I am so tempted to soften that sentence, to try and qualify it.  But I can’t.  The bible won’t let me.

Hebrews 11.6 says, ‘Without faith it is impossible to please Him, for whoever would draw near to God must believe that He exists and that He rewards those who seek Him.’

You see, when I talk about risks I don’t mean bungee jumping or stock market trading. I mean obedient faith.  I mean doing what God says to do, despite the possible dangers.  I mean stepping out and stepping up, opening my mouth or opening my wallet.  I mean saying yes to God when it looks impossible or ridiculous or costly.  

In the parable, the servant who hides his talent does so out of fear that the Master isn’t a good man.  The writer of Hebrews makes a similar point.  In order to please God, we must believe that He exists but also that He is good and that He desires to reward His children.
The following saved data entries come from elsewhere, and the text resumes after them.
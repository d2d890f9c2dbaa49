-- ===== src/Broker/Discovery/Distinct.antt =====
-- No two of the brokers that are discovered agree, and the one that is selected is the only one.
use mathlib.Core.Path.{subst}
use package.text.Mathlib.Text.{◌==◌ as str_eq}
use pi86_rp.Common.{
  String, ◌≡◌, refl, ap, inl, inr, true, false, some, List, [], ◌∷◌, ◌++◌, Bool-cases, All,
  All-append, >>=-eq-ok, ok_injective, Result, ok, err,
}
use pi86_rp.Broker.Discovery.{
  from_dict, Found, same_identity, is_seen, is_answer, is_skipped, try_file, skip_errors,
  discover_loop, discover_brokers, matches, choose, select_broker, BrokerRecord,
}

-- Records without two of one identity.
abbrev IsDistinct : List BrokerRecord → Type 0
IsDistinct [] = Unit {0}
IsDistinct (r ∷ records) = All (λ q. same_identity q r ≡ false) records × IsDistinct records

IsDistinct-append :
    (records : List BrokerRecord) (r : BrokerRecord)
    → IsDistinct records
    → is_seen r records ≡ false
    → IsDistinct (records ++ r ∷ [])
unfolding is_seen
IsDistinct-append [] r d h = (tt, tt)
IsDistinct-append (q ∷ records) r (new, d) h = elim (Bool-cases (same_identity r q)) [
  | inl same ↦ cc (rw same at h)
  | inr other ↦ (
    All-append (λ q'. same_identity q' q ≡ false) records (r ∷ []) new (other, tt),
    IsDistinct-append records r d (rw other at h),
  )
]

try_file-IsDistinct :
    (records : List BrokerRecord) (f : Found) {after : List BrokerRecord}
    → IsDistinct records
    → try_file records f ≡ ok after
    → IsDistinct after
unfolding try_file
try_file-IsDistinct records (file, reply) d h =
    let (entry, e, h1) = >>=-eq-ok file _ h in
    let (r, e', h2) = >>=-eq-ok (from_dict entry) _ h1 in
    elim (Bool-cases (is_seen r records)) [
      | inl old ↦ subst IsDistinct (ok_injective (rw old at h2)) d
      | inr new ↦
          let (answer, e'', h3) = >>=-eq-ok reply _ (rw new at h2) in
          elim (Bool-cases (is_answer r answer)) [
            | inl its ↦
                subst IsDistinct (ok_injective (rw its at h3)) (IsDistinct-append records r d new)
            | inr other ↦ subst IsDistinct (ok_injective (rw other at h3)) d
          ]
    ]

skip_errors-IsDistinct :
    (records : List BrokerRecord) (r : Result (List BrokerRecord)) {after : List BrokerRecord}
    → IsDistinct records
    → ((found : List BrokerRecord) → r ≡ ok found → IsDistinct found)
    → skip_errors records r ≡ ok after
    → IsDistinct after
unfolding skip_errors
skip_errors-IsDistinct records (ok found) d f h = subst IsDistinct (ok_injective h) (f found refl)
skip_errors-IsDistinct records (err e) d f h = elim (Bool-cases (is_skipped e)) [
  | inl skipped ↦ subst IsDistinct (ok_injective (rw skipped at h)) d
  | inr raised ↦ cc (rw raised at h)
]

discover_loop-IsDistinct :
    (files : List Found) (records : List BrokerRecord) {after : List BrokerRecord}
    → IsDistinct records
    → discover_loop records files ≡ ok after
    → IsDistinct after
unfolding discover_loop
discover_loop-IsDistinct [] records d h = subst IsDistinct (ok_injective h) d
discover_loop-IsDistinct (f ∷ files) records d h =
    let (found, e, h1) =
      >>=-eq-ok (skip_errors records (try_file records f)) (λ after. discover_loop after files) h in
    discover_loop-IsDistinct files found
      (skip_errors-IsDistinct records (try_file records f) d
        (λ g e'. try_file-IsDistinct records f d e') e)
      h1

-- The brokers that are discovered have distinct identities: no two agree in the device and the port.
discover_brokers-IsDistinct :
    (files : List Found) {records : List BrokerRecord}
    → discover_brokers files ≡ ok records
    → IsDistinct records
unfolding discover_brokers
discover_brokers-IsDistinct files h = discover_loop-IsDistinct files [] tt h

-- No record of the list has this device.
abbrev IsAbsent : String → List BrokerRecord → Type 0
IsAbsent device_id = All (λ r. str_eq r.device_id device_id ≡ false)

matches-nil :
    (device_id : String) (records : List BrokerRecord)
    → matches device_id records ≡ []
    → IsAbsent device_id records
unfolding matches
matches-nil device_id [] h = tt
matches-nil device_id (r ∷ records) h = elim (Bool-cases (str_eq r.device_id device_id)) [
  | inl same ↦ cc (rw same at h)
  | inr other ↦ (other, matches-nil device_id records (rw other at h))
]

-- The one record of a device, and what stands before and behind it.
abbrev IsOnly : String → BrokerRecord → List BrokerRecord → Type 0
IsOnly device_id r records =
    (before : List BrokerRecord) × (behind : List BrokerRecord) × (records ≡ before ++ r ∷ behind)
    × (str_eq r.device_id device_id ≡ true)
    × IsAbsent device_id before
    × IsAbsent device_id behind

matches-one :
    (device_id : String) (records : List BrokerRecord) (r : BrokerRecord)
    → matches device_id records ≡ r ∷ []
    → IsOnly device_id r records
unfolding matches
matches-one device_id [] r h = cc
matches-one device_id (q ∷ records) r h = elim (Bool-cases (str_eq q.device_id device_id)) [
  | inl same ↦
      let e : q ∷ matches device_id records ≡ r ∷ [] = rw same at h in
      let found : q ≡ r = cc in
      (
        [],
        records,
        cc,
        subst (λ (x : BrokerRecord). str_eq x.device_id device_id ≡ true) found same,
        tt,
        matches-nil device_id records (cc),
      )
  | inr other ↦
      let (before, behind, e, same, absent, rest) =
        matches-one device_id records r (rw other at h) in
      (q ∷ before, behind, ap (λ t. q ∷ t) e, same, (other, absent), rest)
]

choose-some :
    (records : List BrokerRecord) {r : BrokerRecord}
    → choose records ≡ ok (some r)
    → records ≡ r ∷ []
unfolding choose
choose-some [] h = cc
choose-some (q ∷ []) h = cc
choose-some (q ∷ p ∷ records) h = cc

-- A broker that is selected for a device is the only one of its records with that device.
select_broker-IsOnly :
    (records : List BrokerRecord) (device_id : String) {r : BrokerRecord}
    → str_eq device_id "" ≡ false
    → select_broker records (some device_id) ≡ ok (some r)
    → IsOnly device_id r records
unfolding select_broker
select_broker-IsOnly records device_id {r} named h =
    matches-one device_id records r (choose-some (matches device_id records) (rw named at h))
You see, we will never dare to take risky faith-steps, to lay it all on the line if we aren’t utterly convinced of God’s power, but also His goodness.

And in the Kingdom of God, there is just no alternative. The keep-what-you-got and squirrel-it-away kind of life is not an option Jesus ever presents to His followers.
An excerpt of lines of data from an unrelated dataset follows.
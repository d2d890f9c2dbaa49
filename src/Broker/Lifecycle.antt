-- ===== src/Broker/Lifecycle.antt =====
-- How a broker ends.
use mathlib.Core.Path.{subst}
use pi86_rp.Common.{
  sym, [], ◌≡◌, refl, ◌∙◌, if◌then◌else◌, Bool, false, none, ap, arith, Error, os_error,
  runtime_error, Result, ok, err,
}
use pi86_rp.Ownership.{release, LockFile, DeviceOwnership}
use pi86_rp.Broker.{
  state_value, transition, quiesce, finish, signal, join, after_finish, after_signal, after_quiesce,
  unregister, release_ownership, stop_broker, BrokerState, opening, owner_active, quiescing, fault,
  stopped, LoopState, no_loop, open_loop, closed_loop, DeviceBroker, Stopping,
}

-- The state in which a stop signals the loop.
abbrev pub state_quiet : BrokerState → BrokerState
state_quiet owner_active = quiescing
state_quiet fault = quiescing
state_quiet other = other

-- The state behind a stop: a broker that became the owner, or failed, is stopped; one that is
-- opening stays so.
abbrev pub state_after_stop : BrokerState → BrokerState
state_after_stop opening = opening
state_after_stop other = stopped

release-file : (o : DeviceOwnership) (os : LockFile) → (release o os).0 ≡ record { file = none }
unfolding release
release-file o os = ground arith

module _ {S : Type 0} where
  -- What a stop that ends well leaves: no lock of this broker, its audit and its queue.
  abbrev pub IsStopped : Bool → DeviceBroker S → LockFile → Stopping S → Type 0
  IsStopped registered b os (r, after, os') =
      (r ≡ ok tt)
      × (after.state ≡ state_after_stop b.state)
      × (after.registered ≡ registered)
      × (after.ownership ≡ record { file = none })
      × (os' ≡ (release b.ownership os).1)
      × (after.control_audit ≡ b.control_audit)
      × (after.requests ≡ b.requests)

  -- What an exception that leaves a stop leaves: the lock as it was.
  abbrev pub IsAbandoned : Error → BrokerState → DeviceBroker S → LockFile → Stopping S → Type 0
  IsAbandoned e state b os (r, after, os') =
      (r ≡ err e)
      × (after.state ≡ state)
      × (after.registered ≡ b.registered)
      × (after.ownership ≡ b.ownership)
      × (os' ≡ os)

  -- What a stop does whose loop can be signalled, by what unlinking the registry file does.
  abbrev pub Unlinks : Result (Unit {0}) → DeviceBroker S → LockFile → Stopping S → Type 0
  Unlinks (ok done) b os p = IsStopped false b os p
  Unlinks (err (os_error text)) b os p = IsStopped b.registered b os p
  Unlinks (err e) b os p = IsAbandoned e (state_after_stop b.state) b os p

  abbrev pub Stops : Result (Unit {0}) → LoopState → DeviceBroker S → LockFile → Stopping S → Type 0
  Stops unlinked no_loop b os p = Unlinks unlinked b os p
  Stops unlinked open_loop b os p = Unlinks unlinked b os p
  Stops unlinked closed_loop b os p =
      IsAbandoned (runtime_error "Event loop is closed" []) (state_quiet b.state) b os p

  -- The parts of a broker that a transition keeps.
  record IsMoved (state : BrokerState) (b after : DeviceBroker S) : Type 0 where
    reached : after.state ≡ state
    registered : after.registered ≡ b.registered
    ownership : after.ownership ≡ b.ownership
    audit : after.control_audit ≡ b.control_audit
    requests : after.requests ≡ b.requests

  abbrev in_state : DeviceBroker S → BrokerState → DeviceBroker S
  in_state b state = record b {
    state = state;
    snapshot = record b.snapshot { state = state_value state };
  }

  in_state-IsMoved : (b : DeviceBroker S) (state : BrokerState) → IsMoved state b (in_state b state)
  in_state-IsMoved b state = record {
    reached = refl;
    registered = refl;
    ownership = refl;
    audit = refl;
    requests = refl;
  }

  itself-IsMoved : (b : DeviceBroker S) (state : BrokerState) → b.state ≡ state → IsMoved state b b
  itself-IsMoved b state e = record {
    reached = e;
    registered = refl;
    ownership = refl;
    audit = refl;
    requests = refl;
  }

  quiesce-IsMoved :
      (b : DeviceBroker S) (state : BrokerState)
      → b.state ≡ state
      → (quiet : DeviceBroker S) × (quiesce b ≡ ok quiet)
        × (quiet.loop ≡ b.loop)
        × IsMoved (state_quiet state) b quiet
  unfolding transition state_value
  quiesce-IsMoved b opening e = (b, ground arith, refl, itself-IsMoved b opening e)
  quiesce-IsMoved b owner_active e =
      (in_state b quiescing, ground arith, refl, in_state-IsMoved b quiescing)
  quiesce-IsMoved b quiescing e = (b, ground arith, refl, itself-IsMoved b quiescing e)
  quiesce-IsMoved b fault e =
      (in_state b quiescing, ground arith, refl, in_state-IsMoved b quiescing)
  quiesce-IsMoved b stopped e = (b, ground arith, refl, itself-IsMoved b stopped e)

  finish-IsMoved :
      (b : DeviceBroker S) (state : BrokerState)
      → b.state ≡ state_quiet state
      → (done : DeviceBroker S) × (finish b ≡ ok done) × IsMoved (state_after_stop state) b done
  unfolding transition state_value
  finish-IsMoved b opening e = (b, ground arith, itself-IsMoved b opening e)
  finish-IsMoved b owner_active e = (in_state b stopped, ground arith, in_state-IsMoved b stopped)
  finish-IsMoved b quiescing e = (in_state b stopped, ground arith, in_state-IsMoved b stopped)
  finish-IsMoved b fault e = (in_state b stopped, ground arith, in_state-IsMoved b stopped)
  finish-IsMoved b stopped e = (b, ground arith, itself-IsMoved b stopped e)

  IsMoved-IsMoved :
      {state other : BrokerState} {b middle after : DeviceBroker S}
      → IsMoved other b middle
      → IsMoved state middle after
      → IsMoved state b after
  IsMoved-IsMoved m n = record {
    reached = n.reached;
    registered = n.registered ∙ m.registered;
    ownership = n.ownership ∙ m.ownership;
    audit = n.audit ∙ m.audit;
    requests = n.requests ∙ m.requests;
  }

  unregister-Unlinks :
      (unlinked : Result (Unit {0})) (b done : DeviceBroker S) (os : LockFile)
      → IsMoved (state_after_stop b.state) b done
      → Unlinks unlinked b os (unregister unlinked done os)
  unfolding unregister release_ownership
  unregister-Unlinks (ok _) b done os m = (
    refl,
    m.reached,
    refl,
    release-file done.ownership os,
    ap (λ o. (release o os).1) m.ownership,
    m.audit,
    m.requests,
  )
  unregister-Unlinks (err (os_error text)) b done os m = (
    refl,
    m.reached,
    m.registered,
    release-file done.ownership os,
    ap (λ o. (release o os).1) m.ownership,
    m.audit,
    m.requests,
  )
  unregister-Unlinks (err e) b done os m = (refl, m.reached, m.registered, m.ownership, refl)

  finish-Unlinks :
      (unlinked : Result (Unit {0})) (b quiet : DeviceBroker S) (os : LockFile)
      → IsMoved (state_quiet b.state) b quiet
      → Unlinks unlinked b os (after_finish unlinked quiet os (finish quiet))
  finish-Unlinks unlinked b quiet os q =
      let (done, e, m) = finish-IsMoved quiet b.state q.reached in
      subst (λ r. Unlinks unlinked b os (after_finish unlinked quiet os r)) (sym e)
        (unregister-Unlinks unlinked b done os (IsMoved-IsMoved q m))

  join-IsMoved :
      (ended : Bool) {state : BrokerState} {b quiet : DeviceBroker S}
      → IsMoved state b quiet
      → IsMoved state b (join ended quiet)
  unfolding join
  join-IsMoved ended {state} {b} {quiet} q =
      elim quiet.loop
        as (λ l. IsMoved state b (elim l [
          | open_loop ↦ record quiet { loop = if ended then closed_loop else open_loop }
          | other ↦ quiet
        ])) [
          | open_loop ↦ record {
            reached = q.reached;
            registered = q.registered;
            ownership = q.ownership;
            audit = q.audit;
            requests = q.requests;
          }
          | other ↦ q
        ]

  signal-Stops :
      (unlinked : Result (Unit {0})) (ended : Bool) (b quiet : DeviceBroker S) (os : LockFile)
      (loop : LoopState)
      → quiet.loop ≡ loop
      → IsMoved (state_quiet b.state) b quiet
      → Stops unlinked loop b os (after_signal unlinked ended quiet os (signal quiet.loop))
  unfolding signal
  signal-Stops unlinked ended b quiet os no_loop h q =
      subst (λ l. Unlinks unlinked b os (after_signal unlinked ended quiet os (signal l))) (sym h)
        (finish-Unlinks unlinked b (join ended quiet) os (join-IsMoved ended q))
  signal-Stops unlinked ended b quiet os open_loop h q =
      subst (λ l. Unlinks unlinked b os (after_signal unlinked ended quiet os (signal l))) (sym h)
        (finish-Unlinks unlinked b (join ended quiet) os (join-IsMoved ended q))
  signal-Stops unlinked ended b quiet os closed_loop h q =
      subst (λ l. Stops unlinked closed_loop b os (after_signal unlinked ended quiet os (signal l)))
        (sym h) (refl, q.reached, q.registered, q.ownership, refl)

  -- A stop of a broker whose loop is not closed ends well, whether its registry file is unlinked or
  -- an `OSError` keeps it: a broker that is not opening is stopped, the lock is released, and the
  -- audit and the queued exchanges stay. If the loop is closed, as behind an earlier stop or a thread
  -- that died, the stop raises a `RuntimeError` and releases nothing.
  -- Another exception of the unlinking leaves the stop too, before the release.
  pub stop_broker-Stops :
      (unlinked : Result (Unit {0})) (ended : Bool) (b : DeviceBroker S) (os : LockFile)
      → Stops unlinked b.loop b os (stop_broker unlinked ended b os)
  unfolding stop_broker
  stop_broker-Stops unlinked ended b os =
      let (quiet, e, same, q) = quiesce-IsMoved b b.state refl in
      subst (λ r. Stops unlinked b.loop b os (after_quiesce unlinked ended b os r)) (sym e)
        (signal-Stops unlinked ended b quiet os b.loop same q)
No, this Kingdom is more of a ‘throw-your-bread-on-the-water’, take-up-your-cross-and-follow-me, lose-your-life-to gain-it kind of following.

It is the kind of life that ‘wastes’ precious perfume on Jesus because everything we have is for His glory, not our own.  It is a Christianity that turns the world upside down and might land you in jail or in the lion’s den, but your worship will always have the victory.  It is a kind of living where the end is certain, but only uncertain faith-steps will get you there.
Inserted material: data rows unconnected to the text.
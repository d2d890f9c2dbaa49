-- ===== src/Broker/Requests.antt =====
-- `_handle_client` of host/rp86/broker.py: what happens up to the wait for the actor, and what
-- happens behind it. `json.loads` and `base64.b64decode` are parameters. A request is the object
-- that a line holds, with the values of its keys.
use package.text.Mathlib.Text.{◌==◌ as str_eq}
use pi86_rp.Common.{
  ℕ, ◌*◌, String, Bool, true, false, not, ◌&&◌, ◌||◌, Option, none, some, List, [], ◌∷◌, ◌++◌, leb,
  ◌==◌, if◌then◌else◌, Bytes, length, guard, ◌>>=◌, ◌>>◌, Error, value_error, type_error, key_error,
  Result, ok, err,
}
use pi86_rp.Broker.{
  host_record_size, decode_workload_control, record_control_audit, DecodedControl, ErrorText,
  raised, reported, AuditEntry, Snapshot, ExchangeRequest, ControlRequest, DeviceBroker,
}

pub record Request : Type 0 where
  pub version : Option ℕ
  pub op : Option String
  pub client_id : Option String
  pub request_id : Option String
  pub bytes : Option String
  pub command : Option String
  pub udp_port : Option ℕ

-- What an actor answers.
pub record ActorAnswer (B : Type 0) : Type 0 where
  pub accepted : Bool
  pub error : Option String
  pub body : B

pub data Response (S B : Type 0) : Type 0 where
  hello : String → String → Snapshot S → Response S B
  subscribed : String → Response S B
  answered : ActorAnswer B → Response S B
  refused : Error → Response S B

-- An exchange whose record is a workload control has its client, its request and the decoded record.
abbrev pub Provenance : Type 0
Provenance = Option (String × String × DecodedControl)

-- Where the handler stands: a response is there, or the actor's is waited for.
pub data Handling (S B : Type 0) : Type 0 where
  responding : Response S B → Handling S B
  waiting : Provenance → Handling S B

abbrev pub max_rpc_bytes : ℕ
max_rpc_bytes = 16 * 1024

abbrev pub broker_version : ℕ
broker_version = 1

-- `str(request.get(key) or default)`
abbrev pub or_default : Option String → String → String
or_default none default = default
or_default (some text) default = if str_eq text "" then default else text

-- `request[key]`
abbrev pub required {ℓ} : {A : Type ℓ} → String → Option A → Result A
required key none = err (key_error key)
required key (some a) = ok a

unfoldable pub supported_command : String → Bool
supported_command command =
    str_eq command "status" || str_eq command "bootloader" || str_eq command "reboot"

-- The exceptions that the handler turns into a response.
unfoldable pub is_caught : Error → Bool
is_caught (value_error text numbers) = true
is_caught (key_error key) = true
is_caught type_error = true
is_caught other = false

abbrev pub is_subscriber : String × ℕ → List (String × ℕ) → Bool
is_subscriber (host, port) [] = false
is_subscriber (host, port) ((h, p) ∷ rest) =
    if str_eq h host && (p == port) then true else is_subscriber (host, port) rest

-- `set.add`
abbrev pub add_subscriber : String × ℕ → List (String × ℕ) → List (String × ℕ)
add_subscriber s subscribers = if is_subscriber s subscribers then subscribers else s ∷ subscribers

unfoldable pub provenance : String → String → Bytes → Provenance
provenance client_id request_id bytes = elim (decode_workload_control bytes) [
  | none ↦ none
  | some decoded ↦ some (client_id, request_id, decoded)
]

abbrev pub is_version : Option ℕ → Bool
is_version none = false
is_version (some version) = version == broker_version

module _ {S B : Type 0} (loads : Bytes → Result Request) (b64decode : String → Result Bytes) where
  abbrev pub say_hello : DeviceBroker S → Response S B
  say_hello b = hello b.device_id b.processor b.snapshot

  unfoldable pub begin_exchange : Request → DeviceBroker S → Result (Handling S B × DeviceBroker S)
  unfolding provenance
  begin_exchange request b = do
    encoded ← required "record" request.bytes
    bytes ← b64decode encoded
    guard (length bytes == host_record_size)
        (value_error "broker exchange requires one 64-byte ABI record" [])
    let client_id = or_default request.client_id "anonymous"
    let request_id = or_default request.request_id ""
    let entry : ExchangeRequest = record {
      client_id = client_id;
      request_id = request_id;
      bytes = bytes;
    }
    ok (
      waiting (provenance client_id request_id bytes),
      record b { requests = b.requests ++ entry ∷ [] },
    )

  unfoldable pub begin_control : Request → DeviceBroker S → Result (Handling S B × DeviceBroker S)
  unfolding supported_command
  begin_control request b = do
    command ← required "command" request.command
    guard (supported_command command) (value_error "unsupported broker control command" [])
    let entry : ControlRequest = record {
      client_id = or_default request.client_id "anonymous";
      request_id = or_default request.request_id "";
      command = command;
    }
    ok (waiting none, record b { controls = b.controls ++ entry ∷ [] })

  unfoldable pub subscribe :
      String → Request → DeviceBroker S → Result (Handling S B × DeviceBroker S)
  subscribe peer request b = do
    udp_port ← required "udp_port" request.udp_port
    ok (
      responding (subscribed b.device_id),
      record b { subscribers = add_subscriber (peer, udp_port) b.subscribers },
    )

  -- The chain of tests on `operation`.
  unfoldable pub dispatch :
      String → Option String → Request → DeviceBroker S → Result (Handling S B × DeviceBroker S)
  unfolding begin_exchange begin_control subscribe
  dispatch peer none request b = err (value_error "unsupported broker operation" [])
  dispatch peer (some operation) request b =
      if str_eq operation "hello"
      then ok (responding (say_hello b), b)
      else if str_eq operation "subscribe"
      then subscribe peer request b
      else if str_eq operation "exchange"
      then begin_exchange request b
      else if str_eq operation "control"
      then begin_control request b
      else err (value_error "unsupported broker operation" [])

  -- The `try` block up to the wait, for a line that was read.
  unfoldable pub try_request :
      String → Bytes → DeviceBroker S → Result (Handling S B × DeviceBroker S)
  unfolding dispatch
  try_request peer line b = do
    guard (not (length line == 0) && leb (length line) max_rpc_bytes)
        (value_error "invalid broker request length" [])
    request ← loads line
    guard (is_version request.version) (value_error "unsupported broker protocol version" [])
    dispatch peer request.op request b

-- The handler of the exceptions. An error that it does not name leaves `_handle_client`.
unfoldable pub handle_errors :
    {S B : Type 0}
    → DeviceBroker S
    → Result (Handling S B × DeviceBroker S)
    → Result (Handling S B × DeviceBroker S)
unfolding is_caught
handle_errors b (ok r) = ok r
handle_errors b (err e) = if is_caught e then ok (responding (refused e), b) else err e

module _ {S B : Type 0} (loads : Bytes → Result Request) (b64decode : String → Result Bytes) where
  unfoldable pub receive_request :
      String → Bytes → DeviceBroker S → Result (Handling S B × DeviceBroker S)
  unfolding try_request handle_errors
  receive_request peer line b = handle_errors b (try_request loads b64decode peer line b)

-- `str(response["error"])`, where `ok` is false and there is a text.
unfoldable pub entry_error : {B : Type 0} → ActorAnswer B → Option ErrorText
entry_error answer = elim answer.error [
  | none ↦ none
  | some text ↦ if answer.accepted || str_eq text "" then none else some (reported text)
]

abbrev pub audit_entry :
    String → String × String × DecodedControl → Bool → Option ErrorText → AuditEntry
audit_entry now (client_id, request_id, decoded) accepted error = record {
  observed_at = now;
  client_id = client_id;
  request_id = request_id;
  decoded = decoded;
  accepted = accepted;
  error = error;
}

module _ {S : Type 0} where
  abbrev pub audited :
      String → Provenance → Bool → Option ErrorText → DeviceBroker S → DeviceBroker S
  audited now none accepted error b = b
  audited now (some p) accepted error b = record_control_audit (audit_entry now p accepted error) b

  -- The rest of the handler, when the actor's answer or exception is there: the response and the
  -- broker, or the exception that no handler takes.
  unfoldable pub complete :
      {B : Type 0}
      → String
      → Provenance
      → Result (ActorAnswer B)
      → DeviceBroker S
      → Result (Response S B × DeviceBroker S)
  unfolding entry_error is_caught
  complete now p (ok answer) b =
      ok (answered answer, audited now p answer.accepted (entry_error answer) b)
  complete now p (err e) b =
      if is_caught e then ok (refused e, audited now p false (some (raised e)) b) else err e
It is a faith that dares to try again and believe again, despite the fear of failure. It is a faith that steps out of the boat because those few moments with Jesus on the water are always worth it, even if we get wet.

It is a kind of spiritual walk that serves God with no self-consciousness or comparison and never worries about being perfect, just being obedient.

Read Hebrews 11 today if you dare.  Read those names.  Read how they lived and how they died.  Read how those men and women of God held nothing back.  There never considered contingency plans or risk assessments or insurance policies.

They left everything on the field.

Because they were Kingdom people and they served a King.  And that King once dared to leave the comfort of heaven for an audacious plan of redemption.  He chose love and obedience over self-preservation and safety.  He emptied Himself and He humbled Himself and He offered Himself to people who were free to say no.  This is the God we serve and follow.

And the only answer to a God like this is ‘yes’.

The only way to follow Him is wholehearted.

Because the only risk we have to worry about is wasting our lives on things that don’t matter.

And, the only truly safe way to live is to give Jesus everything and follow Him wherever He leads us.